Not in the sense of restoring it to it's initialised state. It will change some values of the original object to null. It will keep the grunt work of parameters like const char * datapath, const char * language, OcrEngineMode oem,
. It seems to be a way to free memory without obliterating the object.
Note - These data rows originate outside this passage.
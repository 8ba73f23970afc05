-- ===== src/Retouch/Mask.antt =====
-- retouch_mask_data (minelf/Retouch.c) on the bytes of a file, which are read as little-endian words.
use open_recovery.Base.{
  ℕ, zero, suc, ◌+◌, ◌-◌, ◌*◌, ◌/◌, ◌%◌, ◌^◌, Bool, false, ◌&&◌, ◌||◌, not, [], ◌∷◌, ◌++◌, Option,
  none, some, Bytes, codes, bytes_eq, length, take, drop, ltb, leb, ◌==◌, if◌then◌else◌,
}
use open_recovery.Retouch.{Decoder, init_compression_state, decode_in_memory}

pub data Verdict : Type 0 where
  error matched mismatched not_applicable : Verdict

-- What is returned, *retouch_offset, and the object. `fault` is an access outside of the object, `never`
-- a loop that takes more rounds than there was fuel.
pub data Masking : Type 0 where
  ended : Verdict → ℕ → Bytes → Masking
  fault never : Masking

unfoldable pub word_at : Bytes → ℕ → Option ℕ
word_at object offset = elim (drop offset object) [
  | [] ↦ none
  | b0 ∷ [] ↦ none
  | b0 ∷ b1 ∷ [] ↦ none
  | b0 ∷ b1 ∷ b2 ∷ [] ↦ none
  | b0 ∷ b1 ∷ b2 ∷ b3 ∷ bs ↦ some (b0 + b1 * 2 ^ 8 + b2 * 2 ^ 16 + b3 * 2 ^ 24)
]

abbrev pub word_bytes : ℕ → Bytes
word_bytes v = v % 256 ∷ v / 2 ^ 8 % 256 ∷ v / 2 ^ 16 % 256 ∷ v / 2 ^ 24 % 256 ∷ []

unfoldable pub set_word : Bytes → ℕ → ℕ → Option Bytes
set_word object offset v =
    if leb (offset + 4) (length object)
    then some (take offset object ++ word_bytes v ++ drop (offset + 4) object)
    else none

-- the sizes of prelink_info_t and retouch_info_t
abbrev pub prelink_size : ℕ
prelink_size = 8

abbrev pub retouch_size : ℕ
retouch_size = 12

abbrev pub has_tags : Bytes → ℕ → ℕ → Bool
has_tags object p_offs r_offs =
    bytes_eq (take 4 (drop (p_offs + 4) object)) (codes "PRE ")
    && bytes_eq (take 8 (drop r_offs object)) (codes "RETOUCH ")

-- `*retouch_entry = ...`, where an offset is desired
abbrev pub retouch_at : Option ℕ → Bytes → ℕ → ℕ → Option Bytes
retouch_at none object place contents = some object
retouch_at (some target) object place contents =
    set_word object place ((contents + target) % 2 ^ 32)

-- the offset that is inferred and whether one differs
abbrev pub infer : Option ℕ → ℕ → Bool → ℕ → Option ℕ × Bool
infer none this mismatch contents = (some this, mismatch)
infer (some candidate) this mismatch contents =
    (some candidate, mismatch || not (candidate == this))

abbrev pub target_offset : Option ℕ → ℕ
target_offset none = 0
target_offset (some n) = n

abbrev pub or_target : Option ℕ → ℕ → ℕ
or_target none target = target
or_target (some n) target = n

module _ (desired : Option ℕ) (p_offs r_offs b_offs : ℕ) where
  abbrev pub failed : Bytes → Masking
  failed object = ended error (target_offset desired) object

  -- what follows the loop
  abbrev pub after_loop : Bytes → ℕ → Option ℕ → Bool → Masking
  after_loop object b_ptr candidate mismatch =
      if ltb r_offs b_ptr
      then failed object
      else if mismatch
      then ended mismatched (target_offset desired) object
      else ended matched (or_target candidate (target_offset desired)) object

  -- the place of an entry, by its offset: -1 is mmap_addr, and what is below -1 or not below the
  -- blob is refused
  abbrev pub place_of : ℕ → Option ℕ
  place_of offset =
      if offset == 4294967295 then some p_offs else if ltb offset b_offs then some offset else none

  -- the loop, from the entry at `b_ptr` on
  unfoldable pub mask_loop : ℕ → Bytes → ℕ → Decoder → Option ℕ → Bool → Masking
  unfolding word_at set_word decode_in_memory
  mask_loop zero object b_ptr d candidate mismatch =
      if ltb b_ptr r_offs then never else after_loop object b_ptr candidate mismatch
  mask_loop (suc fuel) object b_ptr d candidate mismatch =
      if ltb b_ptr r_offs
      then (elim (decode_in_memory d (drop b_ptr object)) [
        | none ↦ fault
        | some (rest, d') ↦ elim (place_of d'.offs_prev) [
          | none ↦ failed object
          | some place ↦ elim (retouch_at desired object place d'.cont_prev) [
            | none ↦ fault
            | some object' ↦ elim (word_at object' place) [
              | none ↦ fault
              | some value ↦
                  let (candidate', mismatch') =
                    infer candidate ((value + 2 ^ 32 - d'.cont_prev) % 2 ^ 32) mismatch
                      d'.cont_prev in
                  mask_loop fuel object' (length object - length rest) d' candidate' mismatch'
            ]
          ]
        ]
      ])
      else after_loop object b_ptr candidate mismatch

abbrev pub untouched : Option ℕ → Bytes → Masking
untouched none object = ended not_applicable 0 object
untouched (some target) object = ended matched target object

-- retouch_mask_data; an offset is a pattern of 32 bits, and `none` where desired_offset is NULL
unfoldable pub retouch_mask_data : Option ℕ → Bytes → Masking
unfolding mask_loop word_at
retouch_mask_data desired object =
    let p_offs = length object - prelink_size in
    let r_offs = p_offs - retouch_size in
    if ltb (length object) (prelink_size + retouch_size)
    then untouched desired object
    else if not (has_tags object p_offs r_offs)
    then untouched desired object
    else elim (word_at object (r_offs + 8)) [
      | none ↦ fault
      | some blob_size ↦
          let b_offs = (r_offs + 2 ^ 32 - blob_size) % 2 ^ 32 in
          if leb (2 ^ 31) b_offs
          then ended error (target_offset desired) object
          else mask_loop desired p_offs r_offs b_offs (length object) object b_offs
              init_compression_state none false
    ]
Inline with "without actually freeing any recognition data that would be time-consuming to reload.".
After calling Clear() call either SetImage or TesseractRect before using Recognition or Get* functions.
Clear will not dispose of the SetVariables, they will only be reset to default upon destruction of the object by calling End().
Looking at the TessbaseApi() class, you can see what you are initialising and which of these values will be reset using Clear().
00091 TessBaseAPI::TessBaseAPI()
00092 : tesseract_(NULL),
00093 osd_tesseract_(NULL),
00094 equ_detect_(NULL),
00095 // Thresholder is initialized to NULL here, but will be set before use by:
00096 // A constructor of a derived API, SetThresholder(), or
00097 // created implicitly when used in InternalSetImage.
00098 thresholder_(NULL),
00099 paragraph_models_(NULL),
00100 block_list_(NULL),
00101 page_res_(NULL),
00102 input_file_(NULL),
00103 output_file_(NULL),
00104 datapath_(NULL),
00105 language_(NULL),
00106 last_oem_requested_(OEM_DEFAULT),
00107 recognition_done_(false),
00108 truth_cb_(NULL),
00109 rect_left_(0), rect_top_(0), rect_width_(0), rect_height_(0),
00110 image_width_(0), image_height_(0) {
00111 }
Given that the base constructor for the class is:
(datapath, language, OEM_DEFAULT, NULL, 0, NULL, NULL, false);
These three parameters are always needed, which makes sense.
If the datapath, OcrEngineMode or the language have changed - start again.
Note that the language_ field stores the last requested language that was initialized successfully, while tesseract_->lang stores the language actually used. They differ only if the requested language was NULL, in which case tesseract_->lang is set to the Tesseract default ("eng").